Base excision repair
DNA glycolase removes base damaged by oxidation or chemical modification; AP endonuclease removes sugar and phosphate. Excision exonuclease removes more bases. Pol I fills in gap; DNA ligases seals phosphodiester backbone.
Nucleotide-excision repair
Common for DNA damage done by UV or chemicals. DNA removed by ABC excinuclease; DNA Pol I and DNA ligase fill in gap.
Complications in eukaryotic DNA replication vs. prokaryotic (3)
1. Multiple origins of replication
2. Timing must be controlled to that of cell division
3. More proteins and enzymes involved
When does DNA replication take place in cell cycle?
S phase
Replicators
The origins of replication (multiple) in eukaryotes. Specific DNA sequences between genes.
Replicons
Zones where replication is occurring in eukaryotes (500 - 50,000 bp's).
What phase must cell reach to be competent to undergo DNA replication?
G₁
ORC
Origin recognition complex - multi-subunit protein that initiates replication. Bound to DNA thorugh cell cycle, but serves as attachment site for other proteins that control replication. (eukaryotes only)
RAP
Replication activator protein. First protein to bind to origin recognition complex. (eukaryotes only)
RLFs
Replication licensing factors. Bind after replication activator protein. Some are cytosolic, so only have access to chromosome when nuclear membrane dissolves during mitosis. (eukaryotes only)
pre-RC
Pre-replication complex: Combination of DNA, origin recognition complex, replication activator protein, and replicatino licensing factors. (eukaryotes only)
Cyclin-CDK complex, and effects
Cyclins combine wit cyclin-dependent protein kinases and phosphorylate sites on RAP, RLFs, and ORC. Then RAP and RLFs dissociate and are degraded. (Thus, cyclin-CDKs initiate DNA replication AND prevent formation of another pre-RC.)
Eukaryotic DNA polymerases
α: adds ~20 nucleotides and is replaced by δ and ε.
δ: principal DNA polymerase in eukaryotes. Interacts with PCNA protein (proliferating cell nuclear antigen), which is the eukaryotic equivalent of the "sliding clamp" on the DNA.

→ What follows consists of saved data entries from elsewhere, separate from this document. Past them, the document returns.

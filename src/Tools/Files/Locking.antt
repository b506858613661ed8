-- ===== src/Tools/Files/Locking.antt =====
-- What the optimistic lock of edit asks of its calls, and the reading of the file (tools.go: readFileRaw).
use repo_extension.Base.{ℕ, ◌≡◌, refl, Option, none, some, List, leb, ◌==◌, if◌then◌else◌, [], ◌∷◌}
use repo_extension.Base.Int.{ℤ, pos}
use repo_extension.Base.Text.{Text, codes, is_empty}
use repo_extension.Names.{Triple, parse_session}
use repo_extension.Store
use repo_extension.Errs.{Err, Message, format, plain, ◌%v◌}
use repo_extension.Json.{Items, Fields, end, array, field, str_from}
use repo_extension.Effects.{
  Eff, Answer, http, select, exec, cache, ext, jjlab, agent, Method, get, post, Piece, raw, Request,
  selected, select_failed, HttpReply, transport_error, answered, garbled, Prog, ret, fail, ◌>>=◌,
}
use repo_extension.Effects.Follows.{Follows, Follows-bind, Follows-if}
use repo_extension.Http.{string_field, repo_path, checked}
use repo_extension.Jjlab.Effect.{request}
use repo_extension.I18n.{ef, lc, env_or, locale_of}
use repo_extension.Session.{resolve_session, resolve_row, resolve_miss}
use repo_extension.Tools.{edited, apply_line_edit}
use repo_extension.Tools.Host.{Host}
use repo_extension.Tools.Sessions.{session_base}
use repo_extension.Tools.Files.{contents_path, read_file_raw, file_size}
use repo_extension.Tools.Files.Writing.{update_action}

-- The file that was read last: the path of the request, the text and the sha.
abbrev pub Seen : Type 0
Seen = Option (List Piece × Text × Text)

abbrev pub commit_request : Text → Text → Text → Text → Items → Request
commit_request o r b message actions = request post (repo_path o r (raw "/commits" ∷ [])) (
    some (
      string_field "bookmark" b
        (string_field "message" message (field (codes "actions") (array actions) end))))

abbrev pub AnySeen : {A : Type 0} → A → Seen → Type 0
AnySeen _ _ = Unit

module _ (host : Host) (args : Fields) where
  -- A commit of the edit of the text that was read last, based on the sha that was read with it.
  pub record IsLocked (s : Seen) (q : Request) : Type 0 where
    pub place : Triple
    pub message : Text
    pub old : Text
    pub sha : Text
    pub new : Text
    pub was_read :
        s ≡ some (contents_path place.0 place.1 place.2 (host.arg_string args "path"), old, sha)
    pub was_edited :
        apply_line_edit old
          (host.arg_int args "start-line" (pos 0))
          (host.arg_int args "end-line" (pos 0))
          (host.arg_string args "content")
        ≡ edited new
    pub writes :
        q
        ≡ commit_request place.0 place.1 place.2 message
            (update_action host (host.arg_string args "path") new sha)

  abbrev IsLockedBy : Seen → Request → Method → Type 0
  IsLockedBy s q get = Unit
  IsLockedBy s q post = IsLocked s q
  IsLockedBy s q _ = ⊥

  abbrev pub AllowedEdit : Seen → Eff → Type 0
  AllowedEdit s (http jjlab q) = IsLockedBy s q q.method
  AllowedEdit s (http agent q) = ⊥
  AllowedEdit s (exec x) = ⊥
  AllowedEdit s (select q) = Unit
  AllowedEdit s (cache c) = Unit
  AllowedEdit s (ext c) = Unit

  abbrev decoded : List Piece → Fields → Option Text → Seen
  decoded path v none = none
  decoded path v (some old) = some (path, old, str_from v (codes "sha"))

  abbrev file_of : List Piece → HttpReply → Seen
  file_of path (answered status v) =
      if leb 400 status
      then none
      else decoded path v (host.decode_base64 (str_from v (codes "content")))
  file_of path _ = none

  abbrev after_request : Request → HttpReply → Method → Seen
  after_request q r get = file_of q.path r
  after_request q r _ = none

  -- A commit uses the file up.
  abbrev pub seen_next : Seen → (e : Eff) → Answer e → Seen
  seen_next s (http jjlab q) r = after_request q r q.method
  seen_next s (http agent q) r = s
  seen_next s (exec x) r = s
  seen_next s (select q) r = s
  seen_next s (cache c) r = s
  seen_next s (ext c) r = s

  abbrev pub Locks : {A : Type 0} → (A → Seen → Type 0) → Prog A → Seen → Type 0
  Locks Q m s = Follows AllowedEdit seen_next Q m s

  pub then-Locks :
      {A B : Type 0} (Q : B → Seen → Type 0) (m : Prog A) (f : A → Prog B) (s : Seen)
      → Locks AnySeen m s
      → ((a : A) (t : Seen) → Locks Q (f a) t)
      → Locks Q (m >>= f) s
  then-Locks Q m f s h hf = Follows-bind AllowedEdit seen_next AnySeen Q m f s h (λ a t _. hf a t)

  locale_of-Locks : (sid d : Text) (s : Seen) → Locks AnySeen (locale_of sid d) s
  unfolding locale_of
  locale_of-Locks sid d s =
      Follows-if AllowedEdit seen_next AnySeen (is_empty sid) _ _ s (λ _. tt) (λ _. (tt, λ _. tt))

  pub lc-Locks : (sid : Text) (en zh : Message) (s : Seen) → Locks AnySeen (lc sid en zh) s
  unfolding lc env_or
  lc-Locks sid en zh s =
      (tt, λ r. then-Locks AnySeen (locale_of sid _) _ s (locale_of-Locks sid _ s) (λ _ _. tt))

  pub ef-Locks :
      (A : Type 0) (sid : Text) (en zh : Message) (s : Seen)
      → Locks {A = A} AnySeen (ef sid en zh) s
  unfolding ef
  ef-Locks A sid en zh s = then-Locks AnySeen (lc sid en zh) _ s (lc-Locks sid en zh s) (λ _ _. tt)

  miss-Locks :
      (sid : Text) (t : Option Triple) (s : Seen)
      → Locks AnySeen (resolve_miss {A = Triple} sid t) s
  miss-Locks sid none s = tt
  miss-Locks sid (some t) s = tt

  resolve_row-Locks : (sid : Text) (s : Seen) → Locks AnySeen (resolve_row sid) s
  unfolding resolve_row Store.get_row_by_session
  resolve_row-Locks sid s = (
    tt,
    elim [
      | select_failed m ↦ tt
      | selected [] ↦ miss-Locks sid (parse_session sid) s
      | selected (x ∷ rows) ↦ (tt, λ _. tt)
    ],
  )

  pub session_base-Locks : (sid : Text) (s : Seen) → Locks AnySeen (session_base sid) s
  unfolding session_base resolve_session
  session_base-Locks sid s =
      Follows-if AllowedEdit seen_next AnySeen (is_empty sid) _ _ s (λ _. tt)
        λ _. (tt, elim [ some t ↦ tt | none ↦ resolve_row-Locks sid s ])

  -- What was read.
  abbrev pub WasRead : List Piece → Text × Text × ℤ → Seen → Type 0
  WasRead path (old, sha, _) t = t ≡ some (path, old, sha)

  decoded-Locks :
      (path : List Piece) (v : Fields) (d : Option Text) (t : Seen)
      → t ≡ decoded path v d
      → Locks
          (WasRead path)
          (elim d [
            | none ↦ fail (plain (format "failed to base64-decode file content"))
            | some raw_text ↦ ret (raw_text, str_from v (codes "sha"), file_size host v raw_text)
          ])
          t
  decoded-Locks path v none t e = tt
  decoded-Locks path v (some old) t e = e

  pub garbled-Locks :
      (Q : Fields → Seen → Type 0) (status : ℕ) (e : Err) (s : Seen)
      → Locks Q (checked status (fail e)) s
  garbled-Locks Q status e s =
      Follows-if AllowedEdit seen_next Q (status == 404) _ _ s (λ _. tt)
        λ _. Follows-if AllowedEdit seen_next Q (leb 400 status) _ _ s (λ _. tt) (λ _. tt)

  pub read-Locks :
      (o r b path : Text) (s : Seen)
      → Locks (WasRead (contents_path o r b path)) (read_file_raw host o r b path) s
  unfolding read_file_raw
  read-Locks o r b path s = (
    tt,
    elim [
      | transport_error m ↦ tt
      | answered status v ↦
          let place = contents_path o r b path in
          Follows-bind AllowedEdit seen_next
            (λ u t. t ≡ decoded place u (host.decode_base64 (str_from u (codes "content"))))
            (WasRead place) (checked status (ret v)) _ (file_of place (answered status v))
            (Follows-if AllowedEdit seen_next _ (status == 404) _ _ _ (λ _. tt)
              λ _.
                Follows-if AllowedEdit seen_next _ (leb 400 status) _ _ _ (λ _. tt)
                  (λ e. rw e refl))
            (λ u t e. decoded-Locks place u _ t e)
      | garbled status m ↦
          Follows-bind AllowedEdit seen_next (λ _ _. ⊥) (WasRead (contents_path o r b path))
            (checked status (fail (plain (format "%s %s: decode response: %w" %v m)))) _ none
            (garbled-Locks (λ _ _. ⊥) status (plain (format "%s %s: decode response: %w" %v m))
              none)
            (λ u t e. absurd e)
    ],
  )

ε: Involved in leading strand.
β: Repair enzyme.
γ: DNA replication in mitochondria.
Eukaryotic vs. prokaryotic polymerases
Separate exonucleotic enzymes exist in animal cells (in prokaryotes, the polymerases also act as exonucleases).
Primase activity in eukaryotic cells
Associated with Pol α (addition of RNA primer). Contrasts with primase enzyme in prokaryotes.
FEN-1 and RNase H1
Proteins that degrade RNA primer. Pol δ fills in gaps. DNA ligase seals nicks between fragments.
RPA
Single-stranded binding protein in eukaryotes that protects DNA from degradation.
Histones
Proteins with which eukaryotic DNA is complexed. Histone biosynthesis occurs concurrently with DNA replication.
Prokaryotes vs. Eukaryotes: polymerases
Prokaryotes: 5
Eukaryotes: 5
Prokaryotes vs. Eukaryotes: exonuclease activity
Prokaryotes: polymerases are ALSO exonucleases
Eukaryotes: Not all polymerases are exonucleases (there are separate enzymes to do this)
Prokaryotes vs. Eukaryoes: the origin of replication
Prokaryotes: ONE origin of replication
Eukaryotes: MULTIPLE origins of replication
Prokaryotes vs. Eukaryotes: Okazaki fragments
Prokaryotes: 1000-2000 residues long
Eukaryotes: 150-200 residues long
Prokaryotes vs. Eukaryotes: DNA complex
Prokaryotes: No DNA/protein complex
Eukaryotes: Have histones complexed to DNA
Topoisomerases
Enzymes that relieve torsional strain in coiled DNA (both prokaryotes and eukaryotes). In prokaryotes: DNA gyrase.